4. The point conjugate to the point at infinity is called the “centre” of the involution. Every involution has a centre, unless the point at infinity be a focus, in which case we may say that the centre is at infinity.

In an hyperbolic involution the centre is the middle point between the foci.

5. The product of the distances of two conjugate points A, A′ from the centre O is constant: OA · OA′ = c.

For let A, A′ and B, B′ be two pairs of conjugate points, the centre, I the point at infinity, then

(AB, OI) = (A′B′, IO),

or

OA · OA′ = OB · OB′.

In order to determine the distances of the foci from the centre, we write F for A and A′ and get

OF² = c; OF = ±√c.

Hence if c is positive OF is real, and has two values, equal and opposite. The involution is hyperbolic.

If c = 0, OF = 0, and the two foci both coincide with the centre. If c is negative, √c becomes imaginary, and there are no foci. Hence we may write—

In an hyperbolic involution, OA · OA′ = k²,
In a parabolic involution, OA · OA′ = 0,
In an elliptic involution, OA · OA′ = −k².

From these expressions it follows that conjugate points A, A′ in an hyperbolic involution lie on the same side of the centre, and in an elliptic involution on opposite sides of the centre, and that in a parabolic involution one coincides with the centre.

In the first case, for instance, OA · OA′ is positive; hence OA and OA′ have the same sign.

It also follows that two segments, AA′ and BB′, between pairs of conjugate points have the following positions: in an hyperbolic involution they lie either one altogether within or altogether without each other; in a parabolic involution they have one point in common; and in an elliptic involution they overlap, each being partly within and partly without the other.

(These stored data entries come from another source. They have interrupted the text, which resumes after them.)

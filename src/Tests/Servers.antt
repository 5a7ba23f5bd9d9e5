-- ===== src/Tests/Servers.antt =====
-- Runs of the ring, the discoveries and the registry.
use go_im_system.Prelude.{
  ℕ, ◌+◌, ◌*◌, ◌%◌, ◌^◌, ◌≡◌, refl, List, [], ◌∷◌, none, some, In, ◌⊎◌, ◌↔◌, arith,
}
use go_im_system.Text.{Text, codes}
use go_im_system.Rpc.Ring.{Map, add, get, server_at}
use go_im_system.Rpc.Ring.Successor.{Sorted, Successor}
use go_im_system.Rpc.Ring.Consistent.{add-get}
use go_im_system.Rpc.Ring.Members.{get-Successor}
use go_im_system.Rpc.Registry.{GeeRegistry, post_method, servers_name, serve_http, alive_servers}
use go_im_system.Rpc.Registry.Listing.{heartbeat-listed}
use go_im_system.Rpc.Discovery.{consistent_hash, new_gee_registry_discovery, get_gee}
use go_im_system.Rpc.Discovery.Stale.{Use, updated, steps, stale_ring}

abbrev hash : Text → ℕ
hash [] = 7
hash (c ∷ t) = (c + 31 * hash t) % 2 ^ 32

abbrev first_server : Text
first_server = codes "tcp@a:1"

abbrev second_server : Text
second_server = codes "tcp@b:2"

abbrev third_server : Text
third_server = codes "tcp@c:3"

abbrev ring : Map
ring = record {
  hash = hash;
  replicas = 2;
  keys = 10 ∷ 500000 ∷ 3000000000 ∷ [];
  hash_map = (500000, second_server) ∷ (10, first_server) ∷ (3000000000, first_server) ∷ [];
}

ring_Sorted : Sorted ring.keys
ring_Sorted = ground arith

add-get_example :
    (get (codes "42") (add (third_server ∷ []) ring) ≡ get (codes "42") ring)
    ⊎ (get (codes "42") (add (third_server ∷ []) ring) ≡ third_server)
add-get_example = add-get third_server (codes "42") ring ring_Sorted

get-Successor_example :
    (j : ℕ) × (get (codes "42") ring ≡ server_at j ring) × Successor (hash (codes "42")) ring.keys j
get-Successor_example = get-Successor (codes "42") ring ring_Sorted (ground arith)

abbrev uses : List Use
uses = updated (first_server ∷ []) 20 ∷ []

stale_ring_example :
    let d = steps uses (new_gee_registry_discovery hash 5 0) in
    ((get_gee consistent_hash (λ n. 0) (codes "42") (some (codes "tcp@a:1")) 30 d).0 ≡ none)
    ⊎ ((get_gee consistent_hash (λ n. 0) (codes "42") (some (codes "tcp@a:1")) 30 d).0 ≡ some [])
stale_ring_example = stale_ring hash 5 0 uses b'4' (codes "2") (λ n. 0) (some (codes "tcp@a:1")) 30

abbrev registry : GeeRegistry
registry = record { timeout = 300; servers = (first_server, 10) ∷ (second_server, 250) ∷ [] }

heartbeat-listed_example :
    let r' = (serve_http post_method ((servers_name, third_server) ∷ []) (λ a. 350) registry).1 in
    In first_server (alive_servers (λ a. 400) r').0
    ↔ ((first_server ≡ third_server) ⊎ In first_server (alive_servers (λ a. 400) registry).0)
heartbeat-listed_example =
    heartbeat-listed b't' (codes "cp@c:3") first_server (λ a. 350) (λ a. 400) registry refl
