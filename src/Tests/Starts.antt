-- ===== src/Tests/Starts.antt =====
-- A gateway and a Logic service that start from one configuration.
use go_im_system.Prelude.{ℕ, ◌≡◌, refl, false, true, In, [], ◌∷◌, some, pos, arith, inl}
use go_im_system.Text.{codes}
use go_im_system.Snowflake.{
  Snowflake, new_instance, init_snowflake, init_node, compose, generate, generate_many,
}
use go_im_system.Config.{Config, no_file}
use go_im_system.Startup.{Faults, no_process, boot, gateway_main, logic_main, agent_main, main_of}
use go_im_system.Startup.Nodes.{started-disjoint}

abbrev config : Config
config = record {
  server = record {
    gateway_port = pos 8080;
    logic_port = pos 8001;
    agent_port = pos 8002;
    gateway_snowflake_node = pos 1;
    logic_snowflake_node = pos 2;
    agent_snowflake_node = pos 3;
    agent_addr = codes "agent:8002";
    gateway_addr = codes "gw:8080";
  };
  mysql = record { dsn = codes "im@db"; max_idle_conns = pos 10; max_open_conns = pos 100 };
  redis = record { addr = codes "redis:6379"; password = []; db = pos 0 };
  agent = record { default = codes "deepseek"; providers = [] };
  log = record {
    level = codes "info";
    filename = codes "im.log";
    max_size = pos 100;
    max_backups = pos 3;
    max_age = pos 7;
    compress = false;
  };
  rabbit_mq = record { url = codes "amqp://mq"; exchange = codes "gateway.exchange" };
}

abbrev no_faults : Faults
no_faults = record {
  mysql_fails = λ c. false;
  redis_fails = λ c. false;
  broker_fails = λ c. false;
  cron_fails = false;
  listen_fails = λ p. false;
}

abbrev after : Snowflake → ℕ → Snowflake
after s time = record s { last_timestamp = time }

gateway_starts : (gateway_main no_faults config).snowflake.instance_of ≡ some (new_instance 1)
unfolding gateway_main boot init_snowflake init_node
gateway_starts = refl

logic_starts : (logic_main no_faults config).snowflake.instance_of ≡ some (new_instance 2)
unfolding logic_main boot init_snowflake init_node
logic_starts = refl

gateway_id :
    generate_many 1 (new_instance 1) (500 ∷ [])
    ≡ some (compose 500 1 0 ∷ [], after (new_instance 1) 500, [])
unfolding generate_many generate
gateway_id = refl

logic_id :
    generate_many 1 (new_instance 2) (500 ∷ [])
    ≡ some (compose 500 2 0 ∷ [], after (new_instance 2) 500, [])
unfolding generate_many generate
logic_id = refl

started-disjoint_example : ¬ In (compose 500 1 0) (compose 500 2 0 ∷ [])
started-disjoint_example =
    started-disjoint no_faults no_faults config config (new_instance 1) (new_instance 2)
      (after (new_instance 1) 500) (after (new_instance 2) 500) 1 1 (500 ∷ []) (500 ∷ [])
      (compose 500 1 0 ∷ []) (compose 500 2 0 ∷ []) [] [] gateway_starts logic_starts (ground arith)
      gateway_id logic_id (omega arith) (omega arith) (compose 500 1 0) (inl refl)

-- Without a database the agent exits before it has a generator.
no_database : (agent_main (record no_faults { mysql_fails = λ c. true }) config).exited ≡ true
unfolding agent_main boot init_snowflake init_node
no_database = refl

no_configuration : main_of (agent_main no_faults) no_file ≡ record no_process { exited = true }
no_configuration = refl
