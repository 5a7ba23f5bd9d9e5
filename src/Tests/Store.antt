-- ===== src/Tests/Store.antt =====
-- Runs of the Logic service.
use go_im_system.Prelude.{
  ℕ, ◌≡◌, refl, inl, inr, List, [], ◌∷◌, some, All, arith, pos, true, false, int_Eq,
}
use go_im_system.Text.{Text, codes, format_int}
use go_im_system.Sql.{UniqueKeys}
use go_im_system.Snowflake.{generate}
use go_im_system.Wire.{UploadPayload, plain_json, ack, nack_requeue, chat_type_single}
use go_im_system.Logic.Messages.{
  Messages, message_key, insert_message, mark_message_as_read, mark_send_transport_delivered,
}
use go_im_system.Logic.Upload.{
  Faults, DeliveryFaults, LogicState, draw, publish_down, route_single, store_single,
  handle_single_chat, dispatch_upload, handle_upload_delivery, down_of,
}
use go_im_system.Logic.Service.{
  serve, sync_unread, read_messages, notify_delivered, ack_message, synced,
}
use go_im_system.Logic.Delivery.{
  Stored, Refused, stored_row, single_delivery-Stored, single_delivery-Refused,
}
use go_im_system.Logic.Redelivery.{Later, at_once, after_event, after_change, requeued_forever}
use go_im_system.Logic.Unread.{sync-read}
use go_im_system.Logic.Status.{Grows, HasStatus}
use go_im_system.Logic.Run.{Event, delivered, called, run, run-Grows}

abbrev Bodies : Type 0
Bodies = plain_json.Body

abbrev works : Faults
works = record {
  insert_fails = false;
  assigned = pos 1;
  redis_fails = false;
  publish_fails = false;
}

abbrev redis_down : Faults
redis_down = record {
  insert_fails = false;
  assigned = pos 1;
  redis_fails = true;
  publish_fails = false;
}

abbrev with_faults : Faults → DeliveryFaults
with_faults f = record { members_fails = false; direct = f; for_member = λ u. f }

abbrev hello : UploadPayload
hello = record {
  msg_id = pos 100;
  seq_id = pos 1;
  chat_type = chat_type_single;
  group_id = pos 0;
  conv_id = codes "7_8";
  sender_id = pos 7;
  receiver_id = pos 8;
  content = codes "hello";
}

abbrev logic_at : List Messages → List (Text × Bodies) → ℕ → List ℕ → LogicState Bodies
logic_at ms ps t cs = record {
  messages = ms;
  members = (pos 5, pos 7) ∷ (pos 5, pos 8) ∷ (pos 5, pos 9) ∷ [];
  routes = (codes "route:user:8", codes "gw:8080") ∷ [];
  published = ps;
  snowflake = record { last_timestamp = t; sequence = 0; node_id = 2 };
  clock = cs;
  now = 40;
}

abbrev fresh_logic : LogicState Bodies
fresh_logic = logic_at [] [] 10 (11 ∷ 12 ∷ 13 ∷ [])

abbrev body : Bodies
body = inl hello

abbrev hello_row : Messages
hello_row = stored_row hello 40

stored_and_pushed :
    handle_upload_delivery plain_json (with_faults works) body fresh_logic
    ≡ some (
      ack,
      logic_at (hello_row ∷ []) ((codes "gw:8080", inr (down_of hello)) ∷ []) 11 (12 ∷ 13 ∷ []),
    )
unfolding handle_upload_delivery dispatch_upload handle_single_chat store_single route_single
    publish_down insert_message draw generate format_int
stored_and_pushed = refl

abbrev stored_unpushed : LogicState Bodies
stored_unpushed = logic_at (hello_row ∷ []) [] 11 (12 ∷ 13 ∷ [])

stored_and_requeued :
    handle_upload_delivery plain_json (with_faults redis_down) body fresh_logic
    ≡ some (nack_requeue, stored_unpushed)
unfolding handle_upload_delivery dispatch_upload handle_single_chat store_single route_single
    publish_down insert_message draw generate format_int
stored_and_requeued = refl

single_delivery-Stored_example :
    Stored plain_json works hello fresh_logic ack
      (logic_at (hello_row ∷ []) ((codes "gw:8080", inr (down_of hello)) ∷ []) 11 (12 ∷ 13 ∷ []))
single_delivery-Stored_example =
    single_delivery-Stored plain_json (with_faults works) body hello fresh_logic
      (logic_at (hello_row ∷ []) ((codes "gw:8080", inr (down_of hello)) ∷ []) 11 (12 ∷ 13 ∷ []))
      ack refl refl refl refl stored_and_pushed

refused_once :
    handle_upload_delivery plain_json (with_faults works) body stored_unpushed
    ≡ some (nack_requeue, logic_at (hello_row ∷ []) [] 12 (13 ∷ []))
unfolding handle_upload_delivery dispatch_upload handle_single_chat store_single route_single
    publish_down insert_message draw generate format_int
refused_once = refl

single_delivery-Refused_example :
    Refused plain_json stored_unpushed nack_requeue (logic_at (hello_row ∷ []) [] 12 (13 ∷ []))
single_delivery-Refused_example =
    single_delivery-Refused plain_json (with_faults works) body hello stored_unpushed
      (logic_at (hello_row ∷ []) [] 12 (13 ∷ [])) nack_requeue refl refl (inr refl) refused_once

sync-read_example :
    (serve false (sync_unread (pos 8)) (serve false (read_messages (pos 8)) (hello_row ∷ [])).0).1
    ≡ synced []
sync-read_example = sync-read (pos 8) (pos 8) (hello_row ∷ [])

-- With one message stored: a second is delivered, the first is confirmed by the gateway and read by
-- its receiver, and a late confirmation changes nothing.
abbrev second : UploadPayload
second = record hello { msg_id = pos 101; seq_id = pos 2 }

abbrev second_row : Messages
second_row = stored_row second 40

abbrev day : List (Event Bodies)
day =
    delivered (with_faults works) (inl second)
    ∷ called false (notify_delivered (pos 100))
    ∷ called false (ack_message (pos 100))
    ∷ called false (notify_delivered (pos 100))
    ∷ []

abbrev read_hello : Messages
read_hello = record hello_row { is_read = true; send_status = 2 }

abbrev evening : LogicState Bodies
evening =
    logic_at (read_hello ∷ second_row ∷ []) ((codes "gw:8080", inr (down_of second)) ∷ []) 12
      (13 ∷ [])

day_runs : run plain_json day stored_unpushed ≡ some evening
unfolding run handle_upload_delivery dispatch_upload handle_single_chat store_single route_single
    publish_down insert_message draw generate format_int serve mark_message_as_read
    mark_send_transport_delivered
day_runs = refl

run-Grows_example :
    Grows (hello_row ∷ []) (read_hello ∷ second_row ∷ [])
    × All HasStatus (read_hello ∷ second_row ∷ [])
    × UniqueKeys message_key (read_hello ∷ second_row ∷ [])
run-Grows_example =
    run-Grows plain_json day stored_unpushed evening day_runs (omega arith, tt) (refl, tt)

-- After the failure another message is delivered, the first is confirmed and read, and the receiver
-- moves to another gateway; then everything works.
abbrev moved : LogicState Bodies
moved = record evening { routes = (codes "route:user:8", codes "gw:9090") ∷ [] }

moved-Later : Later plain_json stored_unpushed moved
unfolding handle_upload_delivery dispatch_upload handle_single_chat store_single route_single
    publish_down insert_message draw generate format_int serve mark_message_as_read
    mark_send_transport_delivered
moved-Later =
    after_change ((pos 5, pos 7) ∷ (pos 5, pos 8) ∷ (pos 5, pos 9) ∷ [])
      ((codes "route:user:8", codes "gw:9090") ∷ []) (13 ∷ []) 40
      (after_event (called false (ack_message (pos 100)))
        (after_event (called false (notify_delivered (pos 100)))
          (after_event (delivered (with_faults works) (inl second)) at_once refl) refl)
        refl)

refused_later :
    handle_upload_delivery plain_json (with_faults works) body moved
    ≡ some (
      nack_requeue,
      record moved {
        snowflake = record { last_timestamp = 13; sequence = 0; node_id = 2 };
        clock = [];
      },
    )
unfolding handle_upload_delivery dispatch_upload handle_single_chat store_single route_single
    publish_down insert_message draw generate format_int
refused_later = refl

requeued_forever_example :
    ((nack_requeue ≡ nack_requeue)
      × (stored_unpushed.messages ≡ hello_row ∷ [])
      × (stored_unpushed.published ≡ []))
    × ((nack_requeue ≡ nack_requeue)
        × (moved.messages ≡ read_hello ∷ second_row ∷ [])
        × (moved.published ≡ (codes "gw:8080", inr (down_of second)) ∷ []))
requeued_forever_example =
    requeued_forever plain_json (with_faults redis_down) (with_faults works) body hello fresh_logic
      stored_unpushed moved
      (record moved {
        snowflake = record { last_timestamp = 13; sequence = 0; node_id = 2 };
        clock = [];
      })
      nack_requeue nack_requeue refl refl refl refl refl refl stored_and_requeued moved-Later
      refused_later
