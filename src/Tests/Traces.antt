-- ===== src/Tests/Traces.antt =====
-- What is logged of one streamed answer.
use go_im_system.Prelude.{◌≡◌, refl, [], ◌∷◌, none, some}
use go_im_system.Text.{codes}
use go_im_system.Agent.Trace.{
  Context, StreamReader, TokenUsage, chat_model, first_token, generated, tokens, receive,
  on_end_with_stream_output, on_start, on_end, tool_component, tool_ended,
}

abbrev used : TokenUsage
used = record { prompt_tokens = 7; completion_tokens = 9; total_tokens = 16 }

abbrev began : Context
began =
    on_start tool_component 4
      (on_start chat_model 10 (record { chat_model_start_time = none; tool_start_time = none }))

abbrev answer : StreamReader
answer = record {
  chunks = (12, none) ∷ ((15, some none) ∷ ((20, some (some used)) ∷ ((21, some none) ∷ [])));
  ended_at = 25;
  failure = none;
}

traced :
    on_end_with_stream_output chat_model began answer
    ≡ (first_token 5 ∷ (generated 15 ∷ (tokens used ∷ [])), 1)
unfolding on_end_with_stream_output receive
traced = refl

tool_traced :
    on_end tool_component (codes "search_history") 9 began none
    ≡ tool_ended (codes "search_history") 5 ∷ []
unfolding on_end
tool_traced = refl
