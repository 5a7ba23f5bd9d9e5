-- ===== src/Tests/Values.antt =====
-- A server and a client that speak JSON.
use go_im_system.Prelude.{
  ℕ, ◌≡◌, ◌≢◌, ◌+◌, suc, refl, true, false, List, [], ◌∷◌, Option, none, some, arith, length,
  nat_eq,
}
use mathlib.Core.Option.{some_inj}
use go_im_system.Text.{Text, codes}
use go_im_system.Rpc.Codec.{Header, Reply, no_body, no_message, message}
use go_im_system.Rpc.Codec.Values.{Coder, values_codec}
use go_im_system.Rpc.Codec.Values.Ends.{Asked, Carried, write_all, taken, sending, serve-ends}
use go_im_system.Rpc.Handling.{Response}
use go_im_system.Rpc.Server.{serve_codec}
use go_im_system.Rpc.Client
use go_im_system.Rpc.Client.{Client, new_client_codec, at_header, terminate}
use go_im_system.Rpc.Client.Table.{waits}
use go_im_system.Rpc.RoundTrip.{call_header, receive_round, send_answer}
use go_im_system.Rpc.RoundTrip.Refused.{refused, refusal_ends}
use go_im_system.Tests.Requests.{online_type, services, find_online}

data Chunk : Type 0 where
  head : Header → Chunk
  item : ℕ → Chunk
  braces : Chunk

abbrev header_from : Chunk → Option Header
header_from (head h) = some h
header_from _ = none

abbrev body_from : Chunk → Option ℕ
body_from (item n) = some n
body_from _ = none

abbrev body_chunk : Reply ℕ → Option Chunk
body_chunk no_body = some braces
body_chunk no_message = none
body_chunk (message n) = some (item n)

json_header : (h : Header) (d : Chunk) → some (head h) ≡ some d → header_from d ≡ some h
json_header h (head k) made = ground (arith, some_inj.0 made)
json_header h (item n) made = ground (arith, some_inj.0 made)
json_header h braces made = ground (arith, some_inj.0 made)

json_body : (n : ℕ) (d : Chunk) → some (item n) ≡ some d → body_from d ≡ some n
json_body n (head k) made = ground (arith, some_inj.0 made)
json_body n (item m) made = ground (arith, some_inj.0 made)
json_body n braces made = ground (arith, some_inj.0 made)

abbrev json : Coder
json = record {
  Body = ℕ;
  Chunk = Chunk;
  encode_header = λ h. some (head h);
  encode_body = body_chunk;
  decode_header = header_from;
  decode_body = body_from;
  nil_fails = true;
  header-law = json_header;
  body-law = json_body;
}

abbrev online : ℕ → Header
online n = call_header (codes "Logic.Online") n

abbrev asks : ℕ → Asked json (λ t. true) services
asks n = record {
  header = online n;
  body = 7;
  header_chunk = head (online n);
  body_chunk = item 7;
  type = online_type;
}

asks-Carried : (n : ℕ) → Carried json (λ t. true) services (asks n)
asks-Carried n = record {
  header_made = refl;
  body_made = refl;
  offered = find_online;
  taken_in = refl;
}

serve-ends_example :
    serve_codec
      (values_codec json)
      (λ t. true)
      services
      (length (asks 1 ∷ (asks 2 ∷ [])) + suc 3)
      (write_all json (λ t. true) services (asks 1 ∷ (asks 2 ∷ [])) (sending [])).sent
    ≡ (taken json (λ t. true) services (asks 1 ∷ (asks 2 ∷ [])), true)
serve-ends_example =
    serve-ends json (λ t. true) services (asks 1 ∷ (asks 2 ∷ [])) 3
      (asks-Carried 1, (asks-Carried 2, tt))

-- Two calls are sent.
abbrev two_calls : List Client.Turn
two_calls =
    Client.send_call (codes "Logic.Online")
    ∷ (Client.write_ends none
        ∷ (Client.send_call (codes "Logic.Online") ∷ (Client.write_ends none ∷ [])))

abbrev waiting : Client
waiting = Client.run two_calls new_client_codec

second_waits : waits 1 waiting.pending ≡ true
unfolding Client.run Client.step Client.send Client.written Client.register_call
second_waits = refl

abbrev eof : Text
eof = codes "json: Unmarshal(nil)"

refusal_ends_example :
    let c' = refused 1 0 (codes "offline") eof waiting in
    let answer : Response = record { error = codes "offline"; replies = false } in
    let sent = record (online 1) { error = codes "offline" } in
    (send_answer (values_codec json) (online 1) 9 answer (sending [])
      ≡ (false, sending (head sent ∷ (braces ∷ []))))
    × (receive_round (values_codec json) eof waiting (head sent ∷ (braces ∷ [])) ≡ (c', none, []))
    × ((Client.step terminate c').shutdown ≡ true)
    × ((j : ℕ)
        → 0 ≢ j
        → waits j waiting.pending ≡ true
        → let x = (Client.step terminate c').calls j in (x.done ≡ 1) × (x.error ≡ some eof))
unfolding Client.run Client.step Client.send Client.written Client.register_call
refusal_ends_example =
    refusal_ends json two_calls 0 (online 1) eof b'o' (codes "ffline") 9
      (head (record (online 1) { error = codes "offline" })) braces [] [] refl (omega arith) refl
      refl refl refl refl
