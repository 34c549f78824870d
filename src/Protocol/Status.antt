-- ===== src/Protocol/Status.antt =====
-- The mapping of errors to HTTP statuses and back, in shared/protocol.ts.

Proof.—We have OA . OA′ = OB · OB′ = k² in case of an hyperbolic involution. Let A and B be the points in each pair which are nearer to the centre O. If now A, A′ and B, B′ lie on the same side of O, and if B is nearer to O than A, so that OB < OA, then OB′ > OA′; hence B′ lies farther away from O than A′, or the segment AA′ lies within BB′. And so on for the other cases.

6. An involution is determined—

(α) By two pairs of conjugate points. Hence also

(β) By one pair of conjugate points and the centre;

(γ) By the two foci;

(δ) By one focus and one pair of conjugate points;

(ε) By one focus and the centre.

7. The condition that A, B, C and A′, B′, C′ may form an involution may be written in one of the forms—

(AB, CC′) = (A′B′, C′C),

or

(AB, CA′) = (A′B′, C′A),

or

(AB, C′A′) = (A′B′, CA),

for each expresses that in the two projective rows in which A, B, C 702 and A′, B′, C′ are conjugate points two conjugate elements may be interchanged.

8. Any three pairs. A, A′, B, B′, C, C′, of conjugate points are connected by the relations:

AB′ · BC′ · CA′ = AB′ · BC · C′A′ = AB · B′C′ · CA′ = AB · B′C · C′A′ = −1.
A′B · B′C · C′A A′B · B′C′ · CA A′B′ · BC · C′A A′B′ · BC′ · CA

These relations readily follow by working out the relations in (7) (above).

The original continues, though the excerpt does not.